Large-eddy simulation of pollutant plume dispersion in the urban canopy layer over 2D idealized street canyons

In the last five decades, the Gaussian pollutant plume model has been widely used for the estimate of air pollutant distribution in the atmospheric boundary layer (ABL) in an operational manner. Whereas, it was originally designed for rural areas with rather open and flat terrain. The recirculating flows below the urban canopy layer substantially modify the near-ground urban wind environment and so do the pollutant distribution. Though the plume rise and dispersion coefficients are often adjusted empirically, the accuracy of applying the Gaussian pollutant plume model in urban areas is unclear.
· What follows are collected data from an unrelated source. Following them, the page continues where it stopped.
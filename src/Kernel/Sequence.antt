-- ===== src/Kernel/Sequence.antt =====
-- kernel/time_kernel.py: the numbers of the stamps, and the timeline and the order read from them.
use stocky_cognitive_runtime.Prelude.{
  ℕ, zero, suc, ◌+◌, ◌-◌, ◌≡◌, refl, sym, ap, ◌∙◌, inl, inr, String, Bool, Option, none, some, List,
  [], ◌∷◌, ◌++◌, keep, drop, length, length-append, All, arith, ltb, str_eq, eq_refl, Bool-cases,
}
use stocky_cognitive_runtime.Kernel.{
  TimeStamp, TimeKernel, new_kernel, make_stamp, stamp, look_up, get_stamp, number, sequence_of,
  order, is_after, timeline_since, Tick, stamps, resets, tick, ticks,
}

-- The stamps after number `b`, numbered in turn.
abbrev pub IsNumbered : ℕ → List TimeStamp → Type 0
IsNumbered b [] = Unit
IsNumbered b (ts ∷ rest) = (ts.sequence_no ≡ b + 1) × IsNumbered (b + 1) rest

pub record IsTimed (k : TimeKernel) : Type 0 where
  pub counted : k.counter ≡ length k.timeline
  pub numbered : IsNumbered 0 k.timeline
  pub in_session : All (λ (e : String × TimeStamp). e.1.session_id ≡ k.session_id) k.event_map

IsNumbered-append :
    (b : ℕ) (xs : List TimeStamp) (x : TimeStamp)
    → IsNumbered b xs
    → x.sequence_no ≡ b + length xs + 1
    → IsNumbered b (xs ++ x ∷ [])
IsNumbered-append b [] x h e = (omega (arith, e), tt)
IsNumbered-append b (y ∷ xs) x h e = (h.0, IsNumbered-append (b + 1) xs x h.1 (omega (arith, e)))

tick-IsTimed : (k : TimeKernel) (t : Tick) → IsTimed k → IsTimed (tick k t)
unfolding tick stamp
tick-IsTimed k (stamps event_id parent now) h = record {
  counted =
      omega (arith, h.counted, length-append k.timeline (make_stamp k event_id parent now ∷ []));
  numbered =
      IsNumbered-append 0 k.timeline (make_stamp k event_id parent now) h.numbered
        (omega (arith, h.counted));
  in_session = (refl, h.in_session);
}
tick-IsTimed k resets h = record { counted = refl; numbered = tt; in_session = tt }

ticks-IsTimed : (k : TimeKernel) (ts : List Tick) → IsTimed k → IsTimed (ticks k ts)
unfolding ticks
ticks-IsTimed k [] h = h
ticks-IsTimed k (t ∷ ts) h = ticks-IsTimed (tick k t) ts (tick-IsTimed k t h)

new-IsTimed : (session_id : String) → IsTimed (new_kernel session_id)
new-IsTimed session_id = record { counted = refl; numbered = tt; in_session = tt }

drop_nil : (n : ℕ) → drop {A = TimeStamp} n [] ≡ []
drop_nil zero = refl
drop_nil (suc n) = refl

keep-drop :
    (since b : ℕ) (xs : List TimeStamp)
    → IsNumbered b xs
    → keep (λ ts. ltb since ts.sequence_no) xs ≡ drop (since - b) xs
keep-drop since b [] h = sym (drop_nil (since - b))
keep-drop since b (x ∷ xs) h =
    let ih = keep-drop since (b + 1) xs h.1 in
    elim (Bool-cases (ltb since x.sequence_no)) [
      | inl e ↦ rw e (
          ap (λ r. x ∷ r) (ih ∙ ap (λ n. drop n xs) {y = 0} (ground (arith, h.0)))
          ∙ ap (λ n. drop n (x ∷ xs)) {x = 0} (ground (arith, h.0)))
      | inr e ↦
          rw e (ih ∙ ap (λ n. drop n (x ∷ xs)) {x = suc (since - (b + 1))} (ground (arith, h.0)))
    ]

-- After any stamps and resets of a new kernel, the timeline since a number is the timeline without
-- that many of its first stamps.
pub timeline_since-drop :
    (session_id : String) (ts : List Tick) (since : ℕ)
    → let k = ticks (new_kernel session_id) ts in timeline_since k since ≡ drop since k.timeline
timeline_since-drop session_id ts since =
    let k = ticks (new_kernel session_id) ts in
    keep-drop since 0 k.timeline (ticks-IsTimed _ ts (new-IsTimed session_id)).numbered
    ∙ ap (λ n. drop n k.timeline) {y = since} (omega arith)

abbrev pub compare_numbers : Option ℕ → Option ℕ → Option Bool
compare_numbers none b = none
compare_numbers (some a) none = none
compare_numbers (some a) (some b) = some (ltb b a)

abbrev InSession : String → Option TimeStamp → Type 0
InSession s none = Unit
InSession s (some ts) = ts.session_id ≡ s

look_up-InSession :
    (s id : String) (entries : List (String × TimeStamp))
    → All (λ (e : String × TimeStamp). e.1.session_id ≡ s) entries
    → InSession s (look_up id entries)
unfolding look_up
look_up-InSession s id [] h = tt
look_up-InSession s id ((i, ts) ∷ rest) h = elim (Bool-cases (str_eq i id)) [
  | inl e ↦ rw e h.0
  | inr e ↦ rw e (look_up-InSession s id rest h.1)
]

order_numbers :
    (s : String) (a b : Option TimeStamp)
    → InSession s a
    → InSession s b
    → order a b ≡ compare_numbers (number a) (number b)
order_numbers s none b ha hb = refl
order_numbers s (some a) none ha hb = refl
order_numbers s (some a) (some b) ha hb = rw (ha, hb, eq_refl s) refl

-- After any stamps and resets of a new kernel, one event is after another exactly by their sequence
-- numbers, and the answer is none if one of the two has no stamp.
is_after-sequence_of :
    (session_id : String) (ts : List Tick) (a b : String)
    → let k = ticks (new_kernel session_id) ts in
      is_after k a b ≡ compare_numbers (sequence_of k a) (sequence_of k b)
is_after-sequence_of session_id ts a b =
    let k = ticks (new_kernel session_id) ts in
    let h = (ticks-IsTimed _ ts (new-IsTimed session_id)).in_session in
    order_numbers k.session_id (get_stamp k a) (get_stamp k b)
      (look_up-InSession k.session_id a k.event_map h)
      (look_up-InSession k.session_id b k.event_map h)
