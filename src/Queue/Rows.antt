-- ===== src/Queue/Rows.antt =====
-- The tables of substrate/event_queue.py as lists of rows, in the order of insertion, and the SQL
-- statements of the queue as functions of them: selection by the primary key, UPDATE, ORDER BY,
-- MAX and COUNT.
use stocky_cognitive_runtime.Prelude.{
  ℕ, zero, suc, String, Bool, true, false, Option, none, some, List, [], ◌∷◌, str_eq, ltb, leb,
  if◌then◌else◌, keep,
}
use stocky_cognitive_runtime.Data.Float.{Float}
use stocky_cognitive_runtime.Data.Contract.{Verdict, ResultStatus}

pub data Status : Type 0 where
  pending processing done dead : Status

abbrev pub same_status : Status → Status → Bool
same_status pending pending = true
same_status processing processing = true
same_status done done = true
same_status dead dead = true
same_status _ _ = false

-- `payload` and `result` are JSON texts.
pub record EventRow : Type 0 where
  pub event_id : String
  pub session_id : String
  pub event_type : String
  pub payload : String
  pub status : Status
  pub retry_count : ℕ
  pub created_at : ℕ
  pub started_at : Option ℕ
  pub finished_at : Option ℕ
  pub result : Option String
  pub error : Option String
  pub sequence_no : ℕ

pub record DeadRow : Type 0 where
  pub event_id : String
  pub original_event : String
  pub failure_reason : String
  pub retry_count : ℕ
  pub created_at : ℕ

pub record DecisionRow : Type 0 where
  pub decision_id : String
  pub proposal_id : String
  pub session_id : String
  pub verdict : Verdict
  pub reason : String
  pub risk_level : String
  pub rule_triggered : Option String
  pub confidence : Float
  pub created_at : ℕ

pub record ResultRow : Type 0 where
  pub execution_id : String
  pub proposal_id : String
  pub session_id : String
  pub status : ResultStatus
  pub output : Option String
  pub error : Option String
  pub started_at : ℕ
  pub finished_at : ℕ

pub record Db : Type 0 where
  pub events : List EventRow
  pub dead_letter : List DeadRow
  pub decisions : List DecisionRow
  pub results : List ResultRow

abbrev pub empty_db : Db
empty_db = record { events = []; dead_letter = []; decisions = []; results = [] }

-- SELECT … WHERE key = ?, on a primary key.
unfoldable pub find {ℓ} : {A : Type ℓ} → (A → String) → String → List A → Option A
find key id [] = none
find key id (r ∷ rs) = if str_eq (key r) id then some r else find key id rs

abbrev pub find_event : String → List EventRow → Option EventRow
find_event = find (λ r. r.event_id)

abbrev pub find_dead : String → List DeadRow → Option DeadRow
find_dead = find (λ r. r.event_id)

-- UPDATE events SET … WHERE event_id = ?
unfoldable pub update : String → (EventRow → EventRow) → List EventRow → List EventRow
update id set [] = []
update id set (r ∷ rs) = (if str_eq r.event_id id then set r else r) ∷ update id set rs

-- WHERE status = ?
abbrev pub with_status : Status → List EventRow → List EventRow
with_status s = keep (λ r. same_status r.status s)

-- ORDER BY: a stable insertion sort by a number.
unfoldable pub insert_by {ℓ} : {A : Type ℓ} → (A → A → Bool) → A → List A → List A
insert_by before x [] = x ∷ []
insert_by before x (y ∷ ys) =
    let rest = insert_by before x ys in if before y x then y ∷ rest else x ∷ y ∷ ys

unfoldable pub order_by {ℓ} : {A : Type ℓ} → (A → A → Bool) → List A → List A
unfolding insert_by
order_by before [] = []
order_by before (x ∷ xs) = insert_by before x (order_by before xs)

-- ORDER BY sequence_no ASC; ORDER BY created_at DESC
abbrev pub by_sequence : EventRow → EventRow → Bool
by_sequence r s = ltb r.sequence_no s.sequence_no

abbrev pub newest_first : DeadRow → DeadRow → Bool
newest_first r s = ltb s.created_at r.created_at

-- COALESCE(MAX(sequence_no), 0)
unfoldable pub max_sequence : List EventRow → ℕ
max_sequence [] = 0
max_sequence (r ∷ rs) = let m = max_sequence rs in if leb m r.sequence_no then r.sequence_no else m

-- The oldest of a row and more rows, and the others.
unfoldable pub take_oldest : DeadRow → List DeadRow → DeadRow × List DeadRow
take_oldest r [] = (r, [])
take_oldest r (s ∷ rs) =
    let (oldest, others) = take_oldest s rs in
    if leb r.created_at oldest.created_at then (r, s ∷ rs) else (oldest, r ∷ others)

-- DELETE of the given number of rows that are first by created_at.
unfoldable pub delete_oldest : ℕ → List DeadRow → List DeadRow
unfolding take_oldest
delete_oldest zero rs = rs
delete_oldest (suc n) [] = []
delete_oldest (suc n) (r ∷ rs) = delete_oldest n (take_oldest r rs).1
To demystify the uncertainty of employing the Gaussian pollutant plume model, as well as to reveal the characteristics of flows and pollutant transport over unban roughness, this study was performed to examine how the Gaussian-shape pollutant plume in the urban canopy layer is modified by the idealized two-dimensional (2D) street canyons at the bottom of the ABL. Since atmosphere turbulence is a key parameter affecting pollutant removal from street canyons to the ABL, the large-eddy simulation (LES) was adopted in this study. The LES results showed that, under neutral stratification, the pollutant distribution in the urban canopy layer resembled the Gaussian plume shape in general. Below certain height (z/h = 1.10), concave-shape horizontal pollutant concentration profiles are observed over individual canyons. Decelerating air masses are observed consistently at the roof level of each canyon that is likely caused by the re-circulating flow within the canyon. For those decelerating puffs, the vertical fluctuating velocity w” is mainly upward and the fluctuating pollutant concentration c” is mostly negative that collectively explain the rapid decrease in pollutant concentration over each canyon. This finding in turn suggests that the Gaussian pollutant plume model should be applied with caution in the vicinity over urban roughness.